Required work — Starting at the line that contains "then root_sector k" in the listing below, write out every line word for word until you have written the line that contains "packet = λ ws".

- - - - - - -

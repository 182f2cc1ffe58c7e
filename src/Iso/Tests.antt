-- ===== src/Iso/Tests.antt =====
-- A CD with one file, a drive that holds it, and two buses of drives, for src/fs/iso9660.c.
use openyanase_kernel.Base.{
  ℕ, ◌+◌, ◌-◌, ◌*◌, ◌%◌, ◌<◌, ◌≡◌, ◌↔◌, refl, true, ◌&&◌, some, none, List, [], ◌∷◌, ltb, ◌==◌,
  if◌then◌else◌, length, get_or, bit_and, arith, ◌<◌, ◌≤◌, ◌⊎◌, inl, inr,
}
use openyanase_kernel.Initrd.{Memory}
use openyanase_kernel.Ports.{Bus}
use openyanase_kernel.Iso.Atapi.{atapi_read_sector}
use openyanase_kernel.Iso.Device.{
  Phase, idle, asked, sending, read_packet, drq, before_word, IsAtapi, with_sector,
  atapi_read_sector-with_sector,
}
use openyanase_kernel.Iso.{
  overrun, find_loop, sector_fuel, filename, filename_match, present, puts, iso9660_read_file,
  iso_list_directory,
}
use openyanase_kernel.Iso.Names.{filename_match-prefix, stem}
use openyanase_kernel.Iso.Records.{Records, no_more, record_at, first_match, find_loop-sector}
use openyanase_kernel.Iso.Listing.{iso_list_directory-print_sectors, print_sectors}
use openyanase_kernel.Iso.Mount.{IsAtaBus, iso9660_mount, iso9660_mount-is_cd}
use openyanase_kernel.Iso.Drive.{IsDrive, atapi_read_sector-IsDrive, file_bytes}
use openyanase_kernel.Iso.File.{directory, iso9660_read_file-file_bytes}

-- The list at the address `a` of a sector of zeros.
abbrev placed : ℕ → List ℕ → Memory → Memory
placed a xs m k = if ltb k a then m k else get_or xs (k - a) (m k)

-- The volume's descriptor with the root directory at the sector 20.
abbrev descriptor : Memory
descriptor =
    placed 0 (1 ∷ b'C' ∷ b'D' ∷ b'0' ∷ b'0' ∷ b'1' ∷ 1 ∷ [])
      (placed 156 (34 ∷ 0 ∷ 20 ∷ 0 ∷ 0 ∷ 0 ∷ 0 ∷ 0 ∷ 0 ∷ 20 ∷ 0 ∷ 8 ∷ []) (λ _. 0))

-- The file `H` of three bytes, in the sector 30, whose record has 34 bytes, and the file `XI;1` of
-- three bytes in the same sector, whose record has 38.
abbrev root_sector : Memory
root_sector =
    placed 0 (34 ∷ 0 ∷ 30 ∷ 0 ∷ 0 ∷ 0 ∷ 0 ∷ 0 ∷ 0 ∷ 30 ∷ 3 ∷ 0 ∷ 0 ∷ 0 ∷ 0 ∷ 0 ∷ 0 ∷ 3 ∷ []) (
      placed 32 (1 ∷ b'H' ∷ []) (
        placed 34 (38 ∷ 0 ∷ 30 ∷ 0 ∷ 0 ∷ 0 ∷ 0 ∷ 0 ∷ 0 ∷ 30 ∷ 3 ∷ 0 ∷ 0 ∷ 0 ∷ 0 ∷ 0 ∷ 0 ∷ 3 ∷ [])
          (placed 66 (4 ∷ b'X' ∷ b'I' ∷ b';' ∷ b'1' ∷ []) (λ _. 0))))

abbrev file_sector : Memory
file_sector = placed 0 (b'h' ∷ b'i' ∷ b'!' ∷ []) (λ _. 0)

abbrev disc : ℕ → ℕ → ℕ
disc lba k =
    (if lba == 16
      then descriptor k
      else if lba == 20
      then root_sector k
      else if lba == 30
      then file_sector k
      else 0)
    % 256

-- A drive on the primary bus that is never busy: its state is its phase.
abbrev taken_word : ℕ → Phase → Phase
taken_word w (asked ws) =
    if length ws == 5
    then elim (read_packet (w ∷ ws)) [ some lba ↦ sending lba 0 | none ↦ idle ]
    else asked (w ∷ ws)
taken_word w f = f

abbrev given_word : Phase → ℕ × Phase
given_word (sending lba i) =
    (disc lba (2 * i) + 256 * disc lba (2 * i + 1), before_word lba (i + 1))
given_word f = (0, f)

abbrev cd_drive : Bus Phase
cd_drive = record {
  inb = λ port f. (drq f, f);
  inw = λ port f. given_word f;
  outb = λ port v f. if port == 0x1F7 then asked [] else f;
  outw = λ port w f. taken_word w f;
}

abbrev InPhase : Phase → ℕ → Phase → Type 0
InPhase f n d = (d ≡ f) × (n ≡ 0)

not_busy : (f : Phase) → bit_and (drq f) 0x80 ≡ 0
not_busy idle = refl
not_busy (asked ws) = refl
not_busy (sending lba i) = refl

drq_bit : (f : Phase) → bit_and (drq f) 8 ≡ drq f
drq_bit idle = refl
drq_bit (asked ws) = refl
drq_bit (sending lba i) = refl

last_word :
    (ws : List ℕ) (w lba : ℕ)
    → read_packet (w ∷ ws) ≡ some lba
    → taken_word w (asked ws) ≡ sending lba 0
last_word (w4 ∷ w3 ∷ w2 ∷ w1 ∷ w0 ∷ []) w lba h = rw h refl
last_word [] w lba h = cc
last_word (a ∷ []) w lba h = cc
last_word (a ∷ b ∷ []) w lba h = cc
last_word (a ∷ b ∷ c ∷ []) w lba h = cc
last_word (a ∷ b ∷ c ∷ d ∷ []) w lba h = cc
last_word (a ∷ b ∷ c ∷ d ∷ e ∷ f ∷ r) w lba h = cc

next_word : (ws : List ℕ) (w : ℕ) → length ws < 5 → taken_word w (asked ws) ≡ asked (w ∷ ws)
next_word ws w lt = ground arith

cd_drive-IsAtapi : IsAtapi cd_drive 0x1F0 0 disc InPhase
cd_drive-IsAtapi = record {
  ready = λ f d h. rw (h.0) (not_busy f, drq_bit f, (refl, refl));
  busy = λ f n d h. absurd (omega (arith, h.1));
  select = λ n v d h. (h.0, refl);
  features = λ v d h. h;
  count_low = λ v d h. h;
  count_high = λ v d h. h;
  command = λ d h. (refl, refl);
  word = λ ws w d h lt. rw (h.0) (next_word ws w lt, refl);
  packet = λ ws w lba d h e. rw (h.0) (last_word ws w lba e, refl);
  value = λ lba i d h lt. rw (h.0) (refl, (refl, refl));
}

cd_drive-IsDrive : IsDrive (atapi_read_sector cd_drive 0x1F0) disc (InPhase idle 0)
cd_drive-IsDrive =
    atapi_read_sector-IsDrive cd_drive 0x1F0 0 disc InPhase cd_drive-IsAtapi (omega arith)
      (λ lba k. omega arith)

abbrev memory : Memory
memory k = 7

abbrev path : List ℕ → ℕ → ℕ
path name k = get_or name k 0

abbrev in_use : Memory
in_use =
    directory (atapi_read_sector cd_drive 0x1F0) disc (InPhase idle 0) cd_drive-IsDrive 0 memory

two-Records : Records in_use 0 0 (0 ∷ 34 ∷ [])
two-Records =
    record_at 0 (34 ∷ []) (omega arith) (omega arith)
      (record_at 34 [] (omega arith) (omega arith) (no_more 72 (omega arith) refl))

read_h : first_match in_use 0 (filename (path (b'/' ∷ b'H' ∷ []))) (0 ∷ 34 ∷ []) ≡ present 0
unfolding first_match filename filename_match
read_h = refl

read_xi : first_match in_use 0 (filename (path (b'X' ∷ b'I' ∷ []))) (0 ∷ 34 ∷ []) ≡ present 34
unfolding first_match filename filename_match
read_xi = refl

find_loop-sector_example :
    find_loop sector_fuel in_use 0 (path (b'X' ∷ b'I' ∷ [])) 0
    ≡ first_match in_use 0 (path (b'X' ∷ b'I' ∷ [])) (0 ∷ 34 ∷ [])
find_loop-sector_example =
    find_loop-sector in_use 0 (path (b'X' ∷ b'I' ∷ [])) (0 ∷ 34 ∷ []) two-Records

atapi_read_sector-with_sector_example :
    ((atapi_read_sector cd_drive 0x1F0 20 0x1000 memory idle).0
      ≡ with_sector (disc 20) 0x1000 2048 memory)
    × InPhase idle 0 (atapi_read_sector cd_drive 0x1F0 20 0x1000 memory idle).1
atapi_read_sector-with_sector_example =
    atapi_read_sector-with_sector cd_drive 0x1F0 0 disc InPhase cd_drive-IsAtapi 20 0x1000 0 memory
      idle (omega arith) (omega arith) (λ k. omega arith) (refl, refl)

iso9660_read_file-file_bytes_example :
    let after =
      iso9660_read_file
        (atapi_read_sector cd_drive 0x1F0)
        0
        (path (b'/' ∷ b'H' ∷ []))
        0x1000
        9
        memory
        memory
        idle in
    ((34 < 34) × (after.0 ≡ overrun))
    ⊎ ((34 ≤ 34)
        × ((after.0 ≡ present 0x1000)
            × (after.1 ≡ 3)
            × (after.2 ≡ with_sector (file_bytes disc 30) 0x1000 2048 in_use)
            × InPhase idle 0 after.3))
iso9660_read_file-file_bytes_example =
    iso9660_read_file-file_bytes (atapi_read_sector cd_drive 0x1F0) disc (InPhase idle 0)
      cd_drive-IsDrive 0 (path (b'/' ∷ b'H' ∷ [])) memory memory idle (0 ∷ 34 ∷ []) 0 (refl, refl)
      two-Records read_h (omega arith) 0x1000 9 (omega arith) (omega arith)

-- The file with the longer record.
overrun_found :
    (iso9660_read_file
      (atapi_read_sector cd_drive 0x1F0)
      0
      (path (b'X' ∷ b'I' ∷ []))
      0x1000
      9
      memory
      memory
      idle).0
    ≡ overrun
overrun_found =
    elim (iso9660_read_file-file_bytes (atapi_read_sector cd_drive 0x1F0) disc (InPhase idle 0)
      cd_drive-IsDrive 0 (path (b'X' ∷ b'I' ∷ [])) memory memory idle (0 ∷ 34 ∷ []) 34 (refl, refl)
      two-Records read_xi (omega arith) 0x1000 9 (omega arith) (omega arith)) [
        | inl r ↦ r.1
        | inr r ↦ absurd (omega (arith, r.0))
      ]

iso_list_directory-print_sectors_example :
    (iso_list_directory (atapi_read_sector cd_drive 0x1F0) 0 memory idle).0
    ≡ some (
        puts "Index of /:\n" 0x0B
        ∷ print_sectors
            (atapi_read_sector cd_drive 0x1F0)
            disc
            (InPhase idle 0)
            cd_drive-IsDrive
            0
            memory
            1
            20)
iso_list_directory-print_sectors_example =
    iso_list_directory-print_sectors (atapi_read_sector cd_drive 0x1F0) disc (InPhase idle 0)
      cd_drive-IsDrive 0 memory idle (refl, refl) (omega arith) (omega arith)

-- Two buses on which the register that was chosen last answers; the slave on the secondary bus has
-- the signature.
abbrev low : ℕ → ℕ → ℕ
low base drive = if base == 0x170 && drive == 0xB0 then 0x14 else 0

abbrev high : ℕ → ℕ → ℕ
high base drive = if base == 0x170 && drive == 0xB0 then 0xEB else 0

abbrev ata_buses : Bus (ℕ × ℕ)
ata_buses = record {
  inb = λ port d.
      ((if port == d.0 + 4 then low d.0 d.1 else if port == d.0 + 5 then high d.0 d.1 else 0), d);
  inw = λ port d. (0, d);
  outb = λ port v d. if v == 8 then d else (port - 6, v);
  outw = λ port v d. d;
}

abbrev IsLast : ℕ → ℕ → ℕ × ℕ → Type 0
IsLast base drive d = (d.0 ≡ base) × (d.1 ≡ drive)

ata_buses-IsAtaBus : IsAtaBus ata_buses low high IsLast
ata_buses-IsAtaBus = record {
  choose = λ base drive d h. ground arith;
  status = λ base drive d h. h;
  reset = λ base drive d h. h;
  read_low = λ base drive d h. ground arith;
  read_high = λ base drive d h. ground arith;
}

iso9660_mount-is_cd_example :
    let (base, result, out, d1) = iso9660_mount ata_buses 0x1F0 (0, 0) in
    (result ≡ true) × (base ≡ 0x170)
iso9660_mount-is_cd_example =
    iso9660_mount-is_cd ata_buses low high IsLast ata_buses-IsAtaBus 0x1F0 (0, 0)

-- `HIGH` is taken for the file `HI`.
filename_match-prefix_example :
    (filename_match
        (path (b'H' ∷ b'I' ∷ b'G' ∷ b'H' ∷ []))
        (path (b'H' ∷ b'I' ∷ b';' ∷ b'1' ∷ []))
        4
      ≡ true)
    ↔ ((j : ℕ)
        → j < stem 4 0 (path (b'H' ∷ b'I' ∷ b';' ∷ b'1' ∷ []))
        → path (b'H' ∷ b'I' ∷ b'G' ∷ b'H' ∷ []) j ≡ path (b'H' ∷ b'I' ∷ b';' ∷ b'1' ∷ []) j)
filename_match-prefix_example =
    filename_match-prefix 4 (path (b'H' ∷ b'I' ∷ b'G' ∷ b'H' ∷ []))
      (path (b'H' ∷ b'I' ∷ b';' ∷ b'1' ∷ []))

- - - - - - -

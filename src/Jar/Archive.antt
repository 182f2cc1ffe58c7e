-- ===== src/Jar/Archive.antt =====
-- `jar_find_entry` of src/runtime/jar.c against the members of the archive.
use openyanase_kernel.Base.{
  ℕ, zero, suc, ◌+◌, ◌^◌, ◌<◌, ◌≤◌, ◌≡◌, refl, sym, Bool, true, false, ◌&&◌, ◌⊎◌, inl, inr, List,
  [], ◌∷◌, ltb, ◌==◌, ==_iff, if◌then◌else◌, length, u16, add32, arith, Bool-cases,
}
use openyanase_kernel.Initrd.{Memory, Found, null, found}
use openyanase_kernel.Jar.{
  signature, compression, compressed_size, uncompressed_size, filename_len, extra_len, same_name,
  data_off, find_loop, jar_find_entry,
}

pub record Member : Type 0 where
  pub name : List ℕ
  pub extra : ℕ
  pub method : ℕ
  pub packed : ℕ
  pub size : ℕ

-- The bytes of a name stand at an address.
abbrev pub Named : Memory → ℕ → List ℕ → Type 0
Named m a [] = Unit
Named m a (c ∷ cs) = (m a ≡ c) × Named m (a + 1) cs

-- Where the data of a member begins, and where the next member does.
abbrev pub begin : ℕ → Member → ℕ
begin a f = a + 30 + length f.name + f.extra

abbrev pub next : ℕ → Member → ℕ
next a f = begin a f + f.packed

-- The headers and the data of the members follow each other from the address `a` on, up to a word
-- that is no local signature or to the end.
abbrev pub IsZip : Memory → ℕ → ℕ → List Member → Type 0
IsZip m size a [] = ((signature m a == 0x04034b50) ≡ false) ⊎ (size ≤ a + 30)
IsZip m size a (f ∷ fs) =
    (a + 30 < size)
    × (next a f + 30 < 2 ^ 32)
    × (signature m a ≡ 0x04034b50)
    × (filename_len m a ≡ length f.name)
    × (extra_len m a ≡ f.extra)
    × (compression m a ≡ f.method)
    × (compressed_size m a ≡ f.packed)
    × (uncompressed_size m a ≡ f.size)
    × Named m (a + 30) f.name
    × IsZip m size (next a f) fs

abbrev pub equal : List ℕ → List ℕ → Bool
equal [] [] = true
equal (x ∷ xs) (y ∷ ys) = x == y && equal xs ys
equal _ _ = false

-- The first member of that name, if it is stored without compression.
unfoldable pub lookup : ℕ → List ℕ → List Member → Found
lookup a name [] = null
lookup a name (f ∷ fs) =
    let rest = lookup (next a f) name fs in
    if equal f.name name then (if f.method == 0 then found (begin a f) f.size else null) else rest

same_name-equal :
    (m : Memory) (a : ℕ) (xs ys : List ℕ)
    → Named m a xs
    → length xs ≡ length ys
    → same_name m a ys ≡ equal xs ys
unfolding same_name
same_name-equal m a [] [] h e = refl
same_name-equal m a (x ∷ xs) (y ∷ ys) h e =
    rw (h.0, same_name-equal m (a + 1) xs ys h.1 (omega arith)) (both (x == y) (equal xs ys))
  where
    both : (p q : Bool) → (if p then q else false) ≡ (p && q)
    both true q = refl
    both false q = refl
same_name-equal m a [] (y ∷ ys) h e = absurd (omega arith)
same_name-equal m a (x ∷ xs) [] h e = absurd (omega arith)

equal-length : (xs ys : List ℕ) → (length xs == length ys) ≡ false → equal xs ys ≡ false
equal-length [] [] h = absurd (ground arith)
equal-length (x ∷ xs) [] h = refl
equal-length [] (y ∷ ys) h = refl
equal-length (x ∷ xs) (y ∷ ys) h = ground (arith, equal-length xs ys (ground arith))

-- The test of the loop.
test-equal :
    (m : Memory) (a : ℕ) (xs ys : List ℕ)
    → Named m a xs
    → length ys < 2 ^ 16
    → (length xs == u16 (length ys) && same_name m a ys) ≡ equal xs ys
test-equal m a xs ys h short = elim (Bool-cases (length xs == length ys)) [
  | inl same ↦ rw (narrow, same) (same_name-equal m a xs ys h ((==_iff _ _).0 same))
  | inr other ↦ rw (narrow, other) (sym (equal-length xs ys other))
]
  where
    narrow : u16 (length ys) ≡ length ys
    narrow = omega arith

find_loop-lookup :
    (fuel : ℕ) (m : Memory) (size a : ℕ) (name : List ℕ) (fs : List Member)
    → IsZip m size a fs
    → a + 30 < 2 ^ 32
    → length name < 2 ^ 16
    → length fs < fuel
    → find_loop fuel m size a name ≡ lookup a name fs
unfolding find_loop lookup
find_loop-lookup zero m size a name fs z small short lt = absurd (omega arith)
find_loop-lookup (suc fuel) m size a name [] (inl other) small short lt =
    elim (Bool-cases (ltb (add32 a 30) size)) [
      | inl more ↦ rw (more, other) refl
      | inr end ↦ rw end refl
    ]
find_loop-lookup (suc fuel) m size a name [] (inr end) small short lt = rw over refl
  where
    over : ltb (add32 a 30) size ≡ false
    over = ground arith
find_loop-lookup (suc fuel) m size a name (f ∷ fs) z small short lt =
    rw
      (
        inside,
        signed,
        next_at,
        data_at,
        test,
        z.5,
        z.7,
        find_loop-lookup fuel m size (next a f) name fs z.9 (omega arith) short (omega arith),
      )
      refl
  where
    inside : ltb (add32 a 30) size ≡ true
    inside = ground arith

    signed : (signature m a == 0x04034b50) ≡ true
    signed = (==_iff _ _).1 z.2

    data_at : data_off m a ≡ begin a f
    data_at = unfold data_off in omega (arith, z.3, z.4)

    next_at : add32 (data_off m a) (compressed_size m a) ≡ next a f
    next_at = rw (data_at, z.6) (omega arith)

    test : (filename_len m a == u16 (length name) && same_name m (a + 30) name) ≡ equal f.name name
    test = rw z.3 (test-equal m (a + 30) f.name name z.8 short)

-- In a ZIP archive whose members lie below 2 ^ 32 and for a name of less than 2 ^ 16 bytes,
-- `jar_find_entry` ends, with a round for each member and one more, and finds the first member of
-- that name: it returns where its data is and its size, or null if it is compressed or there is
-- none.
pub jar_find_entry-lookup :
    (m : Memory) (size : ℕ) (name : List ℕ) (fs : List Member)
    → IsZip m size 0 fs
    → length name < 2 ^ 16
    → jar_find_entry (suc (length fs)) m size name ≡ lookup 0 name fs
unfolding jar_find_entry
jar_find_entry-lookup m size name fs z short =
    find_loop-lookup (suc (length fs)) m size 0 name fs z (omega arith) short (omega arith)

- - - - - - -

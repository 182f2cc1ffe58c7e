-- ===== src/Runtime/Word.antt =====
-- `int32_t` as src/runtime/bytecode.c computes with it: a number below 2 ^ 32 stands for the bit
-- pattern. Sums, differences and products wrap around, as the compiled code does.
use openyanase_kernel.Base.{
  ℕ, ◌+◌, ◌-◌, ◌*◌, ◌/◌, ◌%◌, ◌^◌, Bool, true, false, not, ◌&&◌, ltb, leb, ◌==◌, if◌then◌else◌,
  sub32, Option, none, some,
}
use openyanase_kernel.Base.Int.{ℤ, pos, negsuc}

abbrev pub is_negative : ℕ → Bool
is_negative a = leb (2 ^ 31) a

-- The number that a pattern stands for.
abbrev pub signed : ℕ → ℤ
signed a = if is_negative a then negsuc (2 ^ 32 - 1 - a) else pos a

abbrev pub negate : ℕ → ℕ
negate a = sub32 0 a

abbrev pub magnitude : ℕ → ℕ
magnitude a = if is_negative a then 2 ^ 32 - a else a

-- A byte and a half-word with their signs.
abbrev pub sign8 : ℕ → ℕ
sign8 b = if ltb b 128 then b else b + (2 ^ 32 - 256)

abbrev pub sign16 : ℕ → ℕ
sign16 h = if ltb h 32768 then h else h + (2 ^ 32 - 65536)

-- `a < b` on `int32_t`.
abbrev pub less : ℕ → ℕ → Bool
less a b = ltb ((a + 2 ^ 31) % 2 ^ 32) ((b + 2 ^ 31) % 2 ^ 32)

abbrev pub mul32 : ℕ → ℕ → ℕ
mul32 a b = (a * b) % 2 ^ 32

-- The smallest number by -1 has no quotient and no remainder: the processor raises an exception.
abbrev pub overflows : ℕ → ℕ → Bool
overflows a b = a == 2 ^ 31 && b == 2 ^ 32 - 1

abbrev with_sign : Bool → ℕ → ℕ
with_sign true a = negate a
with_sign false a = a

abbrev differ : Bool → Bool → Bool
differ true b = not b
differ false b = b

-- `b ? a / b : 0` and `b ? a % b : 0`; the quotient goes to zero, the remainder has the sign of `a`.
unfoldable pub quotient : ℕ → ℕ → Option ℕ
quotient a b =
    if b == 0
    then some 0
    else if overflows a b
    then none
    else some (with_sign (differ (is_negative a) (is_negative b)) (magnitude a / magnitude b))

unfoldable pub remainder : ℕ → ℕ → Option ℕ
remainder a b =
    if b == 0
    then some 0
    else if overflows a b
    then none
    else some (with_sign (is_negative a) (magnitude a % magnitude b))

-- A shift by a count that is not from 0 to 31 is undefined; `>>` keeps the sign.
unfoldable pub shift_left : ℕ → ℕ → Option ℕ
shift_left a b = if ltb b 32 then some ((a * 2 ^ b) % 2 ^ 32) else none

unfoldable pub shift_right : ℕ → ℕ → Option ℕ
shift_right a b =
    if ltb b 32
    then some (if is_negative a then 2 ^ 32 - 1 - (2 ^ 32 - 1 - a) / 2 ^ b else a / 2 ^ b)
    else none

- - - - - - -

Exercise output —
      then root_sector k
      else if lba == 30
      then file_sector k
      else 0)
    % 256

-- A drive on the primary bus that is never busy: its state is its phase.
abbrev taken_word : ℕ → Phase → Phase
taken_word w (asked ws) =
    if length ws == 5
    then elim (read_packet (w ∷ ws)) [ some lba ↦ sending lba 0 | none ↦ idle ]
    else asked (w ∷ ws)
taken_word w f = f

abbrev given_word : Phase → ℕ × Phase
given_word (sending lba i) =
    (disc lba (2 * i) + 256 * disc lba (2 * i + 1), before_word lba (i + 1))
given_word f = (0, f)

abbrev cd_drive : Bus Phase
cd_drive = record {
  inb = λ port f. (drq f, f);
  inw = λ port f. given_word f;
  outb = λ port v f. if port == 0x1F7 then asked [] else f;
  outw = λ port w f. taken_word w f;
}

abbrev InPhase : Phase → ℕ → Phase → Type 0
InPhase f n d = (d ≡ f) × (n ≡ 0)

not_busy : (f : Phase) → bit_and (drq f) 0x80 ≡ 0
not_busy idle = refl
not_busy (asked ws) = refl
not_busy (sending lba i) = refl

drq_bit : (f : Phase) → bit_and (drq f) 8 ≡ drq f
drq_bit idle = refl
drq_bit (asked ws) = refl
drq_bit (sending lba i) = refl

last_word :
    (ws : List ℕ) (w lba : ℕ)
    → read_packet (w ∷ ws) ≡ some lba
    → taken_word w (asked ws) ≡ sending lba 0
last_word (w4 ∷ w3 ∷ w2 ∷ w1 ∷ w0 ∷ []) w lba h = rw h refl
last_word [] w lba h = cc
last_word (a ∷ []) w lba h = cc
last_word (a ∷ b ∷ []) w lba h = cc
last_word (a ∷ b ∷ c ∷ []) w lba h = cc
last_word (a ∷ b ∷ c ∷ d ∷ []) w lba h = cc
last_word (a ∷ b ∷ c ∷ d ∷ e ∷ f ∷ r) w lba h = cc

next_word : (ws : List ℕ) (w : ℕ) → length ws < 5 → taken_word w (asked ws) ≡ asked (w ∷ ws)
next_word ws w lt = ground arith

cd_drive-IsAtapi : IsAtapi cd_drive 0x1F0 0 disc InPhase
cd_drive-IsAtapi = record {
  ready = λ f d h. rw (h.0) (not_busy f, drq_bit f, (refl, refl));
  busy = λ f n d h. absurd (omega (arith, h.1));
  select = λ n v d h. (h.0, refl);
  features = λ v d h. h;
  count_low = λ v d h. h;
  count_high = λ v d h. h;
  command = λ d h. (refl, refl);
  word = λ ws w d h lt. rw (h.0) (next_word ws w lt, refl);
  packet = λ ws w lba d h e. rw (h.0) (last_word ws w lba e, refl);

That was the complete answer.